Texas Health Resources Joins National Health Equity Collaborative, Launches Initiatives to Address Social Determinants of Health in Erath County – State of Reform

Texas Health Resources was selected as one of 20 teams nationwide to participate in the American Hospital Association (AHA) Hospital community collaboration. The national collaboration aims to provide proven knowledge and resources to create effective collaborations between hospitals and community organizations to advance health equity.

The Texas Health team, including Erath County United Way and Tarleton State University, supported the Erath County Community Bridge Program. The program focuses on launching initiatives to reduce depression and anxiety, increase access to healthy foods, and improve resource navigation services in specific high-needs areas of the county. Erath.

Marsha Ingle, senior director of community health improvement at Texas Health Resources, said addressing the social determinants of health in target communities will be especially critical to advancing health equity in these areas. .

“We really want to transform health outcomes by truly serving as a proactive and collaborative catalyst for improving health throughout a person’s life. And we sort of do it backwards… So it’s not about dealing with the symptoms, it’s about going back and dealing with what’s really causing the problems. Health doesn’t happen in a bubble, it happens in an environment and we need to know what’s going on in that environment before we can deal with health.

She highlighted how failure to address a person’s lack of access to healthy food, for example, can ultimately lead to negative health outcomes.

“…If you don’t know where your next meal is coming from, it really increases anxiety…not knowing where you’re going to eat next, or if you’re going to eat next, can really make depressive feelings worse.
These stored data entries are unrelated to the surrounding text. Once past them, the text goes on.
-- ===== src/Prelude/Families.antt =====
-- Families of things, as functions from their numbers, of which one is replaced.
use Prim.Native.Nat.{ℕ, zero, suc, ◌+◌, ◌*◌, ◌<◌, ◌≤◌}
use mathlib.Core.Path.{◌≡◌, refl, ap, subst}
use mathlib.Core.Logic.{inl, inr}
use mathlib.Core.Bool.{true, false}
use native.Mathlib.Omega.{arith}
use win_udpsharded_echo.Prelude.Tests.{◌==◌, ==_iff, Bool-cases, if◌then◌else◌}

module _ {ℓ} {A : Type ℓ} where
  abbrev pub update : ℕ → A → (ℕ → A) → ℕ → A
  update i p family j = if i == j then p else family j

  -- A property of all members after one has been replaced.
  pub update-All :
      (P : ℕ → A → Type 0) (i : ℕ) (p : A) (family : ℕ → A)
      → P i p
      → ((j : ℕ) → (i ≡ j → ⊥) → P j (family j))
      → (j : ℕ) → P j (update i p family j)
  update-All P i p family x all j = elim (Bool-cases (i == j)) [
    | inl b ↦ rw b (subst (λ k. P k p) ((==_iff i j).0 b) x)
    | inr b ↦ rw b (all j (ground (arith, ==_iff i j, b)))
  ]

  pub update-same : (i : ℕ) (p : A) (family : ℕ → A) → update i p family i ≡ p
  update-same i p family = ground arith

  update-at : (i j : ℕ) (p : A) (family : ℕ → A) → i == j ≡ true → update i p family j ≡ p
  update-at i j p family b = rw b refl

  update-else : (i j : ℕ) (p : A) (family : ℕ → A) → i == j ≡ false → update i p family j ≡ family j
  update-else i j p family b = rw b refl

  -- The sum of a measure over the first `n` members.
  abbrev pub total : (A → ℕ) → (ℕ → A) → ℕ → ℕ
  total size family zero = 0
  total size family (suc n) = total size family n + size (family n)

  pub total-update_beyond :
      (size : A → ℕ) (family : ℕ → A) (n i : ℕ) (p : A)
      → n ≤ i
      → total size (update i p family) n ≡ total size family n
  total-update_beyond size family zero i p h = refl
  total-update_beyond size family (suc n) i p h =
      ground (arith, total-update_beyond size family n i p (omega arith), ==_iff i n)

  -- Replacing one of them changes the sum by what it changes there.
  pub total-update :
      (size : A → ℕ) (family : ℕ → A) (n i : ℕ) (p : A)
      → i < n
      → total size (update i p family) n + size (family i) ≡ total size family n + size p
  total-update size family zero i p h = absurd (omega arith)
  total-update size family (suc n) i p h = elim (Bool-cases (i == n)) [
    | inl b ↦
        let e : i ≡ n = (==_iff i n).0 b in
        omega (
          arith,
          total-update_beyond size family n i p (omega arith),
          ap size (update-at i n p family b),
          ap (λ j. size (family j)) e,
        )
    | inr b ↦ omega (
      arith,
      total-update size family n i p (ground (arith, ==_iff i n, b)),
      ap size (update-else i n p family b),
    )
  ]

  pub total_le :
      (size : A → ℕ) (family : ℕ → A) (b n : ℕ)
      → ((a : A) → size a ≤ b)
      → total size family n ≤ b * n
  total_le size family b zero h = omega arith
  total_le size family b (suc n) h = ground (arith, total_le size family b n h, h (family n))
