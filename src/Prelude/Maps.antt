-- ===== src/Prelude/Maps.antt =====
-- `std::unordered_map` from numbers, as an association list with one entry for a key.
use Prim.Native.Nat.{ℕ}
use mathlib.Core.Path.{◌≡◌, refl}
use mathlib.Core.List.{List, [], ◌∷◌}
use mathlib.Core.Option.{Option, none, some}
use native.Mathlib.Omega.{arith}
use win_udpsharded_echo.Prelude.Tests.{◌==◌, if◌then◌else◌}

module _ {ℓ} {V : Type ℓ} where
  unfoldable pub lookup : ℕ → List (ℕ × V) → Option V
  lookup key [] = none
  lookup key ((at, x) ∷ rest) = if at == key then some x else lookup key rest

  unfoldable pub insert : ℕ → V → List (ℕ × V) → List (ℕ × V)
  insert key x [] = (key, x) ∷ []
  insert key x ((at, y) ∷ rest) = if at == key then (key, x) ∷ rest else (at, y) ∷ insert key x rest

  -- Every entry for the key goes.
  unfoldable pub erase : ℕ → List (ℕ × V) → List (ℕ × V)
  erase k [] = []
  erase k ((j, w) ∷ m) = let rest = erase k m in if j == k then rest else (j, w) ∷ rest

  pub lookup-insert :
      (key other : ℕ) (x : V) (table : List (ℕ × V))
      → lookup other (insert key x table) ≡ (if key == other then some x else lookup other table)
  unfolding lookup insert
  lookup-insert key other x [] = refl
  lookup-insert key other x ((at, y) ∷ rest) = ground (arith, lookup-insert key other x rest)

  pub lookup-erase :
      (k j : ℕ) (m : List (ℕ × V)) → lookup j (erase k m) ≡ (if k == j then none else lookup j m)
  unfolding lookup erase
  lookup-erase k j [] = ground arith
  lookup-erase k j ((i, w) ∷ m) = ground (arith, lookup-erase k j m)
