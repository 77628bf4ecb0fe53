-- ===== src/Prelude/Sets.antt =====
-- `std::unordered_set` of numbers, as a list without repetition.
use Prim.Native.Nat.{ℕ, ◌+◌}
use mathlib.Core.Path.{◌≡◌, refl}
use mathlib.Core.Bool.{Bool, true, false}
use mathlib.Core.List.{List, [], ◌∷◌}
use native.Mathlib.Omega.{arith}
use win_udpsharded_echo.Prelude.Tests.{◌==◌, ==_iff, if◌then◌else◌}
use win_udpsharded_echo.Prelude.Lists.{length}

unfoldable pub member : ℕ → List ℕ → Bool
member k [] = false
member k (x ∷ xs) = if x == k then true else member k xs

unfoldable pub set_insert : ℕ → List ℕ → List ℕ
set_insert k xs = if member k xs then xs else k ∷ xs

unfoldable pub set_erase : ℕ → List ℕ → List ℕ
set_erase k [] = []
set_erase k (x ∷ xs) = let rest = set_erase k xs in if x == k then rest else x ∷ rest

pub member-set_insert :
    (k j : ℕ) (xs : List ℕ) → member j (set_insert k xs) ≡ (if k == j then true else member j xs)
unfolding set_insert member
member-set_insert k j xs = ground (arith, ==_iff k j)

pub member-set_erase :
    (k j : ℕ) (xs : List ℕ) → member j (set_erase k xs) ≡ (if k == j then false else member j xs)
unfolding set_erase member
member-set_erase k j [] = ground arith
member-set_erase k j (x ∷ xs) = ground (arith, member-set_erase k j xs)

-- No number stands twice.
abbrev pub IsDistinct : List ℕ → Type 0
IsDistinct [] = Unit {0}
IsDistinct (x ∷ xs) = (member x xs ≡ false) × IsDistinct xs

pub IsDistinct-set_erase : (k : ℕ) (xs : List ℕ) → IsDistinct xs → IsDistinct (set_erase k xs)
unfolding set_erase
IsDistinct-set_erase k [] h = tt
IsDistinct-set_erase k (x ∷ xs) h =
    ground (arith, member-set_erase k x xs, IsDistinct-set_erase k xs h.1)

pub IsDistinct-set_insert : (k : ℕ) (xs : List ℕ) → IsDistinct xs → IsDistinct (set_insert k xs)
unfolding set_insert
IsDistinct-set_insert k xs h = ground (arith, h)

erase_absent : (k : ℕ) (xs : List ℕ) → member k xs ≡ false → set_erase k xs ≡ xs
unfolding set_erase member
erase_absent k [] h = refl
erase_absent k (x ∷ xs) h = ground (arith, erase_absent k xs)

-- An element goes, and only one.
pub length-set_erase :
    (k : ℕ) (xs : List ℕ)
    → IsDistinct xs
    → length (set_erase k xs) + (if member k xs then 1 else 0) ≡ length xs
unfolding set_erase member
length-set_erase k [] h = refl
length-set_erase k (x ∷ xs) h =
    ground (arith, ==_iff x k, erase_absent k xs, length-set_erase k xs h.1)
So these genres feed off each other. So when one is present, it interacts with the others. [Resource] navigation services are very important, especially in rural areas… people who need the services do not know how to access the services. There are so many ways the social determinants of health have a real impact on a person’s health. And that’s one of the most exciting things about this work is being able to really address some of these social determinants of health and see the impact that they have.

Ingle pointed out that Texas’s Health’s participation in the AHA collaboration was a good fit for the organization, as Texas Health had already made significant investments and launched initiatives focused on health equity in these high-needs areas by through its Community Health Improvement Team, such as resilience training programs in school districts and grocery stores inside high schools.

“The most important thing that we have learned from participating in this collaboration is really the strategies and the resources to help build our capacity to collaborate with external organizations, to improve our efforts to go upstream to address these social determinants of health. One of the things we are passionate about is investing in our people – giving our people the resources and the tools or access to those tools to help them help these organizations create strong collaboration.

She went on to add how the AHA collaboration enabled them to adapt strategies for both urban and rural areas.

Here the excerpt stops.